> Problem requirements:
Once the line containing "pub sendfile : SendfileResult" is found, copy it and each subsequent line exactly. Stop at the end of the records below.

Records drawn from a dataset:
+-------+
-- ===== src/Core/Io.antt =====
-- What the operating system and OpenSSL answer to src/core/connection.cpp, and what it does to them.
use file_web_server.Base.{ℕ, Bytes}
use file_web_server.Base.Int.{ℤ}
use file_web_server.Http.Response.{Tm}

-- errno, as far as the code tells values apart: `again` is EAGAIN and EWOULDBLOCK.
pub data Errno : Type 0 where
  again other : Errno

-- SSL_get_error, as far as the code tells values apart.
pub data SslError : Type 0 where
  want_read want_write fatal : SslError

-- The answers of the system calls. recv(fd, buf, 1, MSG_PEEK): the byte, 0, or -1.
pub data Peeked : Type 0 where
  peeked : ℕ → Peeked
  no_byte : Peeked
  peek_failed : Errno → Peeked

-- SSL_accept: 1, or not.
pub data Accepted : Type 0 where
  accepted : Accepted
  not_accepted : SslError → Accepted

-- ::read: the bytes (their number is the result, 0 at the end of the stream), or -1.
pub data ReadResult : Type 0 where
  got : Bytes → ReadResult
  read_failed : Errno → ReadResult

-- SSL_read: a positive number of bytes, the first one apart; or not.
pub data SslReadResult : Type 0 where
  ssl_got : ℕ → Bytes → SslReadResult
  ssl_read_failed : SslError → SslReadResult

-- ::write: the number of bytes taken, or -1.
pub data WriteResult : Type 0 where
  wrote : ℕ → WriteResult
  write_failed : Errno → WriteResult

-- SSL_write: one more byte than the number taken, or not.
pub data SslWriteResult : Type 0 where
  ssl_wrote_suc : ℕ → SslWriteResult
  ssl_write_failed : SslError → SslWriteResult

-- sendfile: 0, or -1 with EAGAIN, each with the number of bytes sent; or -1 otherwise.
pub data SendfileResult : Type 0 where
  sent_all : ℕ → SendfileResult
  sent_some : ℕ → SendfileResult
  sendfile_failed : SendfileResult

-- pread: the bytes, or -1.
pub data PreadResult : Type 0 where
  pread_got : Bytes → PreadResult
  pread_failed : PreadResult

-- What the system answers while one event is handled. A call that is made twice in that time, for
-- the headers and for the first part of the body, has a field for each.
pub record Io : Type 0 where
  pub clock : ℕ  -- Clock::now(), in ticks
  pub time : ℤ  -- std::time(nullptr)
  pub gmtime : ℤ → Tm
  pub peek : Peeked
  pub ssl_accept : Accepted
  pub read : ReadResult
  pub ssl_read : SslReadResult
  pub write_headers : WriteResult
  pub ssl_write_headers : SslWriteResult
  pub write_body : WriteResult
  pub ssl_write_body : SslWriteResult
  pub sendfile : SendfileResult
  pub pread : PreadResult

-- What a connection does to the world, in order.
pub data Effect : Type 0 where
  signed_overflow : Effect  -- undefined behaviour in the digits of a Range header
  sent : Bytes → Effect  -- bytes handed to write or SSL_write, and taken
  sent_file : ℕ → ℤ → ℕ → Effect  -- sendfile: the file, the offset and the number of bytes sent
  shut_down : ℕ → Effect
  closed_fd : ℕ → Effect
  ssl_shut_down : ℕ → Effect
  ssl_freed : ℕ → Effect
+-------+
> Result for this exercise:
  pub sendfile : SendfileResult
  pub pread : PreadResult

-- What a connection does to the world, in order.
pub data Effect : Type 0 where
  signed_overflow : Effect  -- undefined behaviour in the digits of a Range header
  sent : Bytes → Effect  -- bytes handed to write or SSL_write, and taken
  sent_file : ℕ → ℤ → ℕ → Effect  -- sendfile: the file, the offset and the number of bytes sent
  shut_down : ℕ → Effect
  closed_fd : ℕ → Effect
  ssl_shut_down : ℕ → Effect
  ssl_freed : ℕ → Effect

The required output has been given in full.